SH: How do you separate nostalgia from the historical importance of the artifacts?

RP: You cannot. Nostalgia is deeply entwined with history. Of course, nostalgia has been seized upon by commercial interests who seek to market a vision of a rosy, simpler, consensus-driven past – a vision that’s naive and retrogressive. On the other hand, the phenomenon we call nostalgia may incorporate other desires as well, and not all of these desires need to be discouraged. When people look at an old film and wish they could catch a ride on the next transport back into its world, they’re of course yearning for an escape from a complicated society, but they’re also trying to negotiate their own way out of a situation they find intolerable, to move in a more traditional direction. Now, this can be good or bad, depending on who stands to gain and lose, but I like to think that there’s a utopian side to this escape. Many of the changes that we most need to make in this society actually constitute steps backward: strengthening local communities, living more sustainable lives, putting the sport-utility vehicles out to pasture. Many other steps backward we don’t need to make: I want nothing to do with nostalgic visions that are built on oppression and exclusion.
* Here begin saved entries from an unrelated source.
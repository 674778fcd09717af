-- ===== src/Lib.antt =====
-- A model of Piki, a WhatsApp assistant: durable, idempotent message handling around a database and
-- a Redis server, and replies that are grounded in confirmed evidence.
--
-- The program receives Meta's webhooks, records each inbound message and its conversation, queues
-- it, lets a worker claim it and answer it under a lock of its conversation, and delivers the answer
-- through a durable delivery attempt, whose state later callbacks of the provider move on. A reply
-- is composed by intent: a request for a person is stored, a search asks the BuenPick API through a
-- client with retries, and a language model words the answer, which is checked against the evidence
-- and replaced by a fallback where it fails. The parts that are modelled, and their files:
--
--   src/piki/domain/contracts.py         Domain: the types and the validators
--   src/piki/db/models.py, session.py    Db: the tables as lists of rows, a session that commits or
--                                        rolls back
--   src/piki/delivery/service.py         Delivery: Store (claim, finalize, apply_callback), Service
--                                        (send), System (workers that interleave)
--   src/piki/db/processing.py            Processing: Store (claim_next, complete, fail)
--   src/piki/db/conversations.py         Conversations: Store (record_inbound, recent_messages,
--                                        find_conversation_id, record_outbound, find_message)
--   src/piki/db/handoffs.py              Handoffs: Store (request)
--   src/piki/state/coordination.py       Coordination: Redis (the server's laws), Keys, Locks, Dedup
--   src/piki/observability/events.py     Observability: records and emit
--   src/piki/integrations/meta/webhook.py   Meta: Status (the status update), Payload, Webhook (the
--                                        checks, normalize_webhook)
--   src/piki/integrations/meta/delivery.py   Meta: Adapter (send), Bodies (what it posts)
--   src/piki/integrations/meta/ingress.py   Ingress: Service (ingest), over Conversations, Coordination
--                                        and Delivery
--   src/piki/state/active_pick.py, pending_actions.py   PickState: Values (the store and the JSON),
--                                        Active, Actions
--   src/piki/integrations/buenpick/models.py   BuenPick: Models, Money (format_ars_cents)
--   src/piki/integrations/buenpick/client.py   BuenPick: Client (the requests and the attempts)
--   src/piki/tools/buenpick.py           BuenPick: Tools
--   src/piki/evidence/buenpick.py        BuenPick: Evidence
--   src/piki/composition/grounding.py    Composition: Patterns (the regular expressions), Grounding
--   src/piki/composition/contracts.py, service.py, engine.py   Composition: Engine
--   src/piki/prompts/policies.py         Composition: Policies
--   src/piki/integrations/llm/openai_chat.py, openai_responses.py   Llm: Request (what both share),
--                                        Chat, Responses
--   src/piki/conversation/service.py     Conversation: Intents, Service (the bodies of respond and
--                                        respond_persisted), Locked (the lock around them), Compose
--                                        (_compose_reply)
--   src/piki/conversation/worker.py      Conversation: Worker (process_once), Settled and Handled (what
--                                        becomes of its claim)
--   src/piki/worker/main.py              Process: Loop (run_worker), over a worker
--   src/piki/use_cases/pick_image.py     UseCases: PickImage
--   src/piki/core/config.py              Config: Settings, Factories (the factories of
--                                        integrations/meta, llm and buenpick that check them)
--   src/piki/api/app.py, meta_webhook.py, chat.py, health.py   Api: App (create_app), Answers (what a
--                                        route answers), Webhook, Chat, Health
--
-- Base holds the shared helpers, with decimal digits, URL quoting and a matcher of regular
-- expressions, Sql the meaning of SELECT, UPDATE and INSERT and its laws, Tests runs of the model at
-- concrete inputs.
--
-- How the model corresponds to the code: a database statement is a function on the tables, and a
-- `with session` block is a function from tables to a result and tables, with the old tables where
-- it raises. uuid4(), clocks, secrets, answers of other services and what a connection loses are
-- arguments. An exception is a value of Failure. `emit` raises where a record is out of bounds; where
-- the fields come from a value whose type has the same bounds, the record is built without the test.
-- A timestamp is a number of microseconds, a UUID a
-- number. A unique or foreign key that an INSERT would break is tested against the rows. Rows that
-- other transactions lock are a test on identifiers. A transaction is one step of an interleaving:
-- PostgreSQL's isolation of concurrent statements is not modelled further. Redis and SHA-256 are
-- parameters; a Redis is given by what its commands do to the value of a key at a time. Parameters
-- too are HMAC-SHA-256, what each HTTP request meets, pydantic's reading of a body, the tables of
-- Unicode (case, word characters, decimal digits), Jinja's rendering and the system prompt.
--
-- Interfaces: Conversation/Service takes a Composer, which Conversation/Compose fills; Delivery's
-- send takes an adapter, of which Meta/Adapter is the one for Meta, and Composition/Engine an
-- adapter of a language model, of which Llm has two.
--
-- Fuel and bounds: the digits of a number n run on the fuel n + 1, and so does the search for the
-- unit that Decimal's 28 digits of precision round to, both of which at least halve what is left at
-- each step; a repetition in a regular expression consumes a character at each turn, so the text
-- bounds it; the loops over attempts run over the attempts that are left, as `range` does. Every
-- other loop is a recursion on a list.
--
-- The routes take the ingress and the orchestrator as arguments, as their routers do.
--
-- Not modelled: column widths, pydantic's coercions, the rendering
-- of prompts, the names, addresses and fractional numbers among the settings, the metadata of the
-- application, signal handlers and the command line, logging.
pub mod Base
pub mod Domain
pub mod Sql
pub mod Db
pub mod Observability
pub mod Meta
pub mod Delivery
pub mod Process
pub mod Processing
pub mod Conversations
pub mod Handoffs
pub mod Coordination
pub mod Ingress
pub mod BuenPick
pub mod PickState
pub mod Composition
pub mod Llm
pub mod UseCases
pub mod Config
pub mod Api
pub mod Conversation
pub mod Tests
So, to bring this rant full circle, I think that nostalgia is a powerful vehicle for getting people to think about history. Many times I show films that reek with kitsch, and with a few carefully chosen words of context, shift the discussion in quite another direction. If people ooh and ah about fifties populuxe design, start to talk about how all of this great stuff actually served as a fig leaf for the military / industrial complex. If Boogie Nights awakens desires in our young to live a seventies lifestyle, point out how it depicts a culture of latchkey children left behind after our defeat in Vietnam.